* AIM OF THE TASK:
All that should be output is the block of lines below from the line with "-- ===== src/Spock/Names/Distinct.antt" to the line with "(db provider subscriber : Text)", both included, exactly as written.
*** RECORD EXTRACTS Section Begins ***
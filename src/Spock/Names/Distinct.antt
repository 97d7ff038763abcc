-- ===== src/Spock/Names/Distinct.antt =====
-- internal/spock/names.go: which names are different, and which are not.
use pgedge_helm.Base.{
  ◌≡◌, refl, sym, ap, ◌∙◌, true, false, List, [], ◌∷◌, ◌++◌, append_assoc, All, All-elem, elem,
  arith,
}
use pgedge_helm.Base.Text.{Text, bytes, text_key, has_byte}
use pgedge_helm.Spock.Names.{undash, replace_dashes, pair_id, spock_sub_name, spock_slot_name}
use pgedge_helm.Spock.Desired.Rank.{IsUnambiguous}

-- A name with neither a dash nor an underscore.
abbrev pub IsPlain : Text → Type 0
IsPlain t = (has_byte b'-' t ≡ false) × (has_byte b'_' t ≡ false)

replace_dashes-plain : (t : Text) → has_byte b'-' t ≡ false → replace_dashes t ≡ t
replace_dashes-plain [] h = refl
replace_dashes-plain (c ∷ t) h = ground (arith, replace_dashes-plain t)

-- A text is split at its first underscore in one way.
split_unique :
    (a b c d : Text)
    → has_byte b'_' a ≡ false
    → has_byte b'_' c ≡ false
    → a ++ (bytes "_" ++ b) ≡ c ++ (bytes "_" ++ d)
    → (a ≡ c) × (b ≡ d)
split_unique [] b [] d ha hc e = (refl, ground arith)
split_unique [] b (x ∷ c) d ha hc e = absurd (ground arith)
split_unique (x ∷ a) b [] d ha hc e = absurd (ground arith)
split_unique (x ∷ a) b (y ∷ c) d ha hc e =
    let (p, q) = split_unique a b c d (ground arith) (ground arith) (ground arith) in
    (ground arith, q)

replace_dashes-append :
    (s t : Text) → replace_dashes (s ++ t) ≡ replace_dashes s ++ replace_dashes t
replace_dashes-append [] t = refl
replace_dashes-append (c ∷ s) t = ap (λ l. undash c ∷ l) (replace_dashes-append s t)

spock_sub_name-plain :
    (a b : Text)
    → IsPlain a
    → IsPlain b
    → spock_sub_name a b ≡ bytes "sub_" ++ (a ++ (bytes "_" ++ b))
unfolding spock_sub_name
spock_sub_name-plain a b ha hb =
    ap (λ l. bytes "sub_" ++ l)
      (replace_dashes-append a (bytes "_" ++ b)
        ∙ cc (replace_dashes-plain a ha.0, replace_dashes-plain b hb.0))

-- The slot of a pair is named after the database, the provider and the subscription.
spock_slot_name-spock_sub_name :
    (db provider subscriber : Text)
    → spock_slot_name db provider subscriber
      ≡ bytes "spk_"
        ++ (replace_dashes db
            ++ (bytes "_"
                ++ (replace_dashes provider ++ (bytes "_" ++ spock_sub_name provider subscriber))))
unfolding spock_slot_name spock_sub_name
spock_slot_name-spock_sub_name db provider subscriber =
    ap (λ l. bytes "spk_" ++ l)
      (replace_dashes-append db
          (bytes "_" ++ (provider ++ (bytes "_sub_" ++ (provider ++ (bytes "_" ++ subscriber)))))
        ∙ ap (λ l. replace_dashes db ++ (bytes "_" ++ l))
            (replace_dashes-append provider
              (bytes "_sub_" ++ (provider ++ (bytes "_" ++ subscriber)))))

cancel_sub : (s t : Text) → bytes "sub_" ++ s ≡ bytes "sub_" ++ t → s ≡ t
cancel_sub s t e = cc

-- Two pairs of plain names have one subscription name only if they are one pair.
pub spock_sub_name-injective :
    (a b c d : Text)
    → IsPlain a
    → IsPlain b
    → IsPlain c
    → IsPlain d
    → spock_sub_name a b ≡ spock_sub_name c d
    → (a ≡ c) × (b ≡ d)
spock_sub_name-injective a b c d ha hb hc hd e =
    split_unique a b c d ha.1 hc.1
      (cancel_sub _ _ (sym (spock_sub_name-plain a b ha hb) ∙ e ∙ spock_sub_name-plain c d hc hd))

cancel_append : (p s t : Text) → p ++ s ≡ p ++ t → s ≡ t
cancel_append [] s t e = e
cancel_append (x ∷ p) s t e = cancel_append p s t (cc)

-- Two pairs of plain names have one slot name, for one database, only if they are one pair.
pub spock_slot_name-injective :
    (db a b c d : Text)
    → IsPlain a
    → IsPlain b
    → IsPlain c
    → IsPlain d
    → spock_slot_name db a b ≡ spock_slot_name db c d
    → (a ≡ c) × (b ≡ d)
spock_slot_name-injective db a b c d ha hb hc hd e =
    spock_sub_name-injective a b c d ha hb hc hd
      (split_unique (replace_dashes a) (spock_sub_name a b) (replace_dashes c) (spock_sub_name c d)
        (rw (replace_dashes-plain a ha.0) ha.1) (rw (replace_dashes-plain c hc.0) hc.1)
        (cancel_append (bytes "_") _ _ (
          cancel_append (replace_dashes db) _ _ (
            cancel_append (bytes "spk_") _ _ (
              sym (spock_slot_name-spock_sub_name db a b)
              ∙ e
              ∙ spock_slot_name-spock_sub_name db c d))))).1

-- Plain names are unambiguous.
pub plain-IsUnambiguous : (names : List Text) → All IsPlain names → IsUnambiguous names
unfolding pair_id
plain-IsUnambiguous names h = record {
  sub_name_inj = λ a b c d ma mb mc md e.
      spock_sub_name-injective a b c d (plain a ma) (plain b mb) (plain c mc) (plain d md) e;
  pair_id_inj = λ a b c d ma mb mc md e. split_unique a b c d (plain a ma).1 (plain c mc).1 e;
}
  where
    plain : (t : Text) → elem t names ≡ true → IsPlain t
    plain t m = All-elem IsPlain names t h m

-- With dashes in names, different pairs of nodes have one subscription name: the subscription
-- from `a-b` to `c` is named like the one from `a` to `b-c`.
pub spock_sub_name_collides :
    (a b c : Text)
    → spock_sub_name (a ++ (bytes "-" ++ b)) c ≡ spock_sub_name a (b ++ (bytes "-" ++ c))
unfolding spock_sub_name
spock_sub_name_collides a b c =
    ap (λ l. bytes "sub_" ++ l)
      (replace_dashes-append (a ++ (bytes "-" ++ b)) (bytes "_" ++ c)
        ∙ ap (λ l. l ++ replace_dashes (bytes "_" ++ c)) (replace_dashes-append a (bytes "-" ++ b))
        ∙ append_assoc (replace_dashes a) (bytes "_" ++ replace_dashes b)
            (bytes "_" ++ replace_dashes c)
        ∙ ap (λ l. replace_dashes a ++ (bytes "_" ++ l))
            (sym (replace_dashes-append b (bytes "-" ++ c)))
        ∙ sym (replace_dashes-append a (bytes "_" ++ (b ++ (bytes "-" ++ c)))))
*** RECORD EXTRACTS Section Ends ***
* SOLUTION TO THE EXERCISE:
-- ===== src/Spock/Names/Distinct.antt =====
-- internal/spock/names.go: which names are different, and which are not.
use pgedge_helm.Base.{
  ◌≡◌, refl, sym, ap, ◌∙◌, true, false, List, [], ◌∷◌, ◌++◌, append_assoc, All, All-elem, elem,
  arith,
}
use pgedge_helm.Base.Text.{Text, bytes, text_key, has_byte}
use pgedge_helm.Spock.Names.{undash, replace_dashes, pair_id, spock_sub_name, spock_slot_name}
use pgedge_helm.Spock.Desired.Rank.{IsUnambiguous}

-- A name with neither a dash nor an underscore.
abbrev pub IsPlain : Text → Type 0
IsPlain t = (has_byte b'-' t ≡ false) × (has_byte b'_' t ≡ false)

replace_dashes-plain : (t : Text) → has_byte b'-' t ≡ false → replace_dashes t ≡ t
replace_dashes-plain [] h = refl
replace_dashes-plain (c ∷ t) h = ground (arith, replace_dashes-plain t)

-- A text is split at its first underscore in one way.
split_unique :
    (a b c d : Text)
    → has_byte b'_' a ≡ false
    → has_byte b'_' c ≡ false
    → a ++ (bytes "_" ++ b) ≡ c ++ (bytes "_" ++ d)
    → (a ≡ c) × (b ≡ d)
split_unique [] b [] d ha hc e = (refl, ground arith)
split_unique [] b (x ∷ c) d ha hc e = absurd (ground arith)
split_unique (x ∷ a) b [] d ha hc e = absurd (ground arith)
split_unique (x ∷ a) b (y ∷ c) d ha hc e =
    let (p, q) = split_unique a b c d (ground arith) (ground arith) (ground arith) in
    (ground arith, q)

replace_dashes-append :
    (s t : Text) → replace_dashes (s ++ t) ≡ replace_dashes s ++ replace_dashes t
replace_dashes-append [] t = refl
replace_dashes-append (c ∷ s) t = ap (λ l. undash c ∷ l) (replace_dashes-append s t)

spock_sub_name-plain :
    (a b : Text)
    → IsPlain a
    → IsPlain b
    → spock_sub_name a b ≡ bytes "sub_" ++ (a ++ (bytes "_" ++ b))
unfolding spock_sub_name
spock_sub_name-plain a b ha hb =
    ap (λ l. bytes "sub_" ++ l)
      (replace_dashes-append a (bytes "_" ++ b)
        ∙ cc (replace_dashes-plain a ha.0, replace_dashes-plain b hb.0))

-- The slot of a pair is named after the database, the provider and the subscription.
spock_slot_name-spock_sub_name :
    (db provider subscriber : Text)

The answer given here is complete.